Learn more about Brian Crick, MBA

Author Bio

Brian Crick, MBA

Brian Crick became the Pulse Heart Institute's Heart Failure and Arrhythmia Manager in May 2016. He moved to Washington state and started working at MultiCare in January 2014 managing their four Sleep Center sites across the system with locations in Tacoma, Puyallup, Auburn, and South Hill before taking the Heart Failure and Arrhythmia Manager position. Brian is responsible for the system-wide leadership of the Heart Failure and Arrhythmia programs as well as our Tacoma and Good Samaritan EP/Device Clinics. Brian will work with his Cardiology partners to develop and promote these programs in our communities through Pulse. He is a graduate of Louisiana State University where he earned his MBA degree. He earned his undergraduate degree in Health Sciences at Northern Arizona University.

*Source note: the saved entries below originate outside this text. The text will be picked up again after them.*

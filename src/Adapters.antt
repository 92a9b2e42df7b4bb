-- ===== src/Adapters.antt =====
-- internal/adapters: what turns a Kubernetes object into constraints.
pub mod NetworkPolicy
use nightjar.Prelude.{String, List}
use nightjar.Types.{Constraint}

-- `([]types.Constraint, error)` of `Adapter.Parse`; an error is its text.
pub data Parsed : Type 0 where
  error : String → Parsed
  parsed : List Constraint → Parsed
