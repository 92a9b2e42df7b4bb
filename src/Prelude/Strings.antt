-- ===== src/Prelude/Strings.antt =====
-- Go's strings package on texts as lists of characters: the functions that the program calls. The
-- letters whose case changes are A to Z and a to z; the others stay as they are.
use Prim.Native.Nat.{ℕ, zero, suc, ◌-◌}
use Prim.Native.Char.{Char, code}
use Prim.Native.String.{String, [], ◌∷◌, ◌++◌}
use mathlib.Core.Path.{◌≡◌, refl}
use mathlib.Core.Bool.{Bool, true, false, ◌&&◌, ◌||◌}
use mathlib.Core.Option.{Option, none, some}
use text.Mathlib.TextLemmas.{nil-append, cons-append}
use native.Mathlib.Omega.{arith}
use nightjar.Prelude.Tests.{if◌then◌else◌, leb, nat_eqb}
use nightjar.Prelude.Equality.{◌==◌, string_eq}

nth_char : ℕ → String → Char → Char
nth_char n [] default = default
nth_char zero (c ∷ s) default = c
nth_char (suc n) (c ∷ s) default = nth_char n s default

abbrev char_in : ℕ → ℕ → Char → Bool
char_in low high c = leb low (code c) && leb (code c) high

unfoldable pub is_upper : Char → Bool
is_upper c = char_in 65 90 c

lower_char : Char → Char
unfolding nth_char is_upper
lower_char c = if is_upper c then nth_char (code c - 65) "abcdefghijklmnopqrstuvwxyz" c else c

upper_char : Char → Char
unfolding nth_char
upper_char c = if char_in 97 122 c then nth_char (code c - 97) "ABCDEFGHIJKLMNOPQRSTUVWXYZ" c else c

-- strings.ToLower
unfoldable pub to_lower : String → String
unfolding lower_char
to_lower [] = []
to_lower (c ∷ s) = lower_char c ∷ to_lower s

-- The first character in upper case, as `strings.ToUpper(parts[0])` of the split text makes it.
unfoldable pub capitalize : String → String
unfolding upper_char
capitalize [] = []
capitalize (c ∷ s) = upper_char c ∷ s

-- strings.Contains with a text of one ASCII character, by its number
unfoldable pub contains_char : ℕ → String → Bool
contains_char n [] = false
contains_char n (c ∷ s) = nat_eqb (code c) n || contains_char n s

-- `s[:i]` at `i = strings.LastIndex(s, c)`, where there is one.
unfoldable pub before_last : ℕ → String → Option String
before_last n [] = none
before_last n (c ∷ s) = elim (before_last n s) [
  | some front ↦ some (c ∷ front)
  | none ↦ if nat_eqb (code c) n then some [] else none
]

-- `strings.TrimSuffix(s, suffix)`, where `strings.HasSuffix(s, suffix)`.
unfoldable pub cut_suffix : String → String → Option String
cut_suffix suffix [] = if suffix == [] then some [] else none
cut_suffix suffix (c ∷ s) =
    let rest = cut_suffix suffix s in
    if suffix == (c ∷ s) then some [] else elim rest [ none ↦ none | some front ↦ some (c ∷ front) ]

unfoldable pub has_suffix : String → String → Bool
unfolding cut_suffix
has_suffix suffix s = elim (cut_suffix suffix s) [ none ↦ false | some front ↦ true ]

-- strings.TrimSuffix
unfoldable pub trim_suffix : String → String → String
unfolding cut_suffix
trim_suffix suffix s = elim (cut_suffix suffix s) [ none ↦ s | some front ↦ front ]

-- strings.HasPrefix
unfoldable pub has_prefix : String → String → Bool
has_prefix [] s = true
has_prefix (c ∷ prefix) [] = false
has_prefix (c ∷ prefix) (d ∷ s) = nat_eqb (code c) (code d) && has_prefix prefix s

dropped : String → String → String
dropped [] s = s
dropped (c ∷ prefix) [] = []
dropped (c ∷ prefix) (d ∷ s) = dropped prefix s

dropped-append : (prefix s : String) → dropped prefix (prefix ++ s) ≡ s
unfolding dropped
dropped-append [] s = rw (nil-append s) refl
dropped-append (c ∷ prefix) s = rw (cons-append c prefix s) (dropped-append prefix s)

has_prefix-append : (prefix s : String) → has_prefix prefix (prefix ++ s) ≡ true
unfolding has_prefix
has_prefix-append [] s = refl
has_prefix-append (c ∷ prefix) s =
    rw (cons-append c prefix s) (ground (arith, has_prefix-append prefix s))

-- strings.TrimPrefix
unfoldable pub trim_prefix : String → String → String
unfolding has_prefix dropped
trim_prefix prefix s = if has_prefix prefix s then dropped prefix s else s

pub trim_prefix-append : (prefix s : String) → trim_prefix prefix (prefix ++ s) ≡ s
unfolding trim_prefix
trim_prefix-append prefix s = rw (has_prefix-append prefix s) (dropped-append prefix s)

-- strings.Contains
unfoldable pub contains : String → String → Bool
unfolding has_prefix
contains part [] = has_prefix part []
contains part (c ∷ s) = has_prefix part (c ∷ s) || contains part s

-- A dash before each capital but the first character, and all in lower case: `toKebabCase` of
-- internal/notifier/event_builder.go.
dashed : String → String
unfolding is_upper
dashed [] = []
dashed (c ∷ s) = let rest = dashed s in if is_upper c then "-" ∷ c ∷ rest else c ∷ rest

unfoldable pub to_kebab_case : String → String
unfolding dashed to_lower
to_kebab_case [] = []
to_kebab_case (c ∷ s) = to_lower (c ∷ dashed s)

escaped : String → String
escaped [] = "\""
escaped (c ∷ s) =
    let rest = escaped s in
    if nat_eqb (code c) 34 || nat_eqb (code c) 92 then "\\" ∷ c ∷ rest else c ∷ rest

-- The `%q` of fmt, for printable text.
unfoldable pub quote : String → String
unfolding escaped
quote s = "\"" ∷ escaped s

-- `s[i+1:]` at `i = strings.Index(s, c)`, where there is one.
unfoldable pub after_char : ℕ → String → Option String
after_char n [] = none
after_char n (c ∷ s) = let rest = after_char n s in if nat_eqb (code c) n then some s else rest

-- `s[:i]` at `i = strings.Index(s, c)`, or all of `s` where there is none.
unfoldable pub before_char : ℕ → String → String
before_char n [] = []
before_char n (c ∷ s) = let front = before_char n s in if nat_eqb (code c) n then [] else c ∷ front

-- The first part ends at the first such character.
module _ (n : ℕ) (d : Char) (is : code d ≡ n) where
  pub after_char-append :
      (s t : String) → contains_char n s ≡ false → after_char n (s ++ (d ∷ t)) ≡ some t
  unfolding after_char contains_char
  after_char-append [] t h = rw (nil-append (d ∷ t)) (ground arith)
  after_char-append (c ∷ s) t h =
      rw (cons-append c s (d ∷ t)) (ground (arith, after_char-append s t))

  pub before_char-append :
      (s t : String) → contains_char n s ≡ false → before_char n (s ++ (d ∷ t)) ≡ s
  unfolding before_char contains_char
  before_char-append [] t h = rw (nil-append (d ∷ t)) (ground arith)
  before_char-append (c ∷ s) t h =
      rw (cons-append c s (d ∷ t)) (ground (arith, before_char-append s t))

-- unicode.IsSpace
is_space : Char → Bool
is_space c =
    char_in 9 13 c
    || (char_in 32 32 c
        || (char_in 133 133 c
            || (char_in 160 160 c
                || (char_in 5760 5760 c
                    || (char_in 8192 8202 c
                        || (char_in 8232 8233 c
                            || (char_in 8239 8239 c
                                || (char_in 8287 8287 c || char_in 12288 12288 c))))))))

trim_left : String → String
trim_left [] = []
trim_left (c ∷ s) = let rest = trim_left s in if is_space c then rest else c ∷ s

trim_right : String → String
trim_right [] = []
trim_right (c ∷ s) = let rest = trim_right s in if (rest == "") && is_space c then [] else c ∷ rest

-- strings.TrimSpace
unfoldable pub trim_space : String → String
unfolding trim_left trim_right is_space
trim_space s = trim_right (trim_left s)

Prior to moving to Washington Brian's career in healthcare began as a Respiratory Therapist at Oro Valley Hospital in Tucson, Arizona before he began managing physician practices and sleep centers for Oro Valley Hospital, Northwest Allied Physicians, Desert Cardiology, and MD-Sleep in the Tucson area. During that time, he also worked as an adjunct faculty instructor for Pima Community College's Respiratory Therapy program. In his time off he enjoys spending time with his wife and three daughters as well as running, hiking, and biking.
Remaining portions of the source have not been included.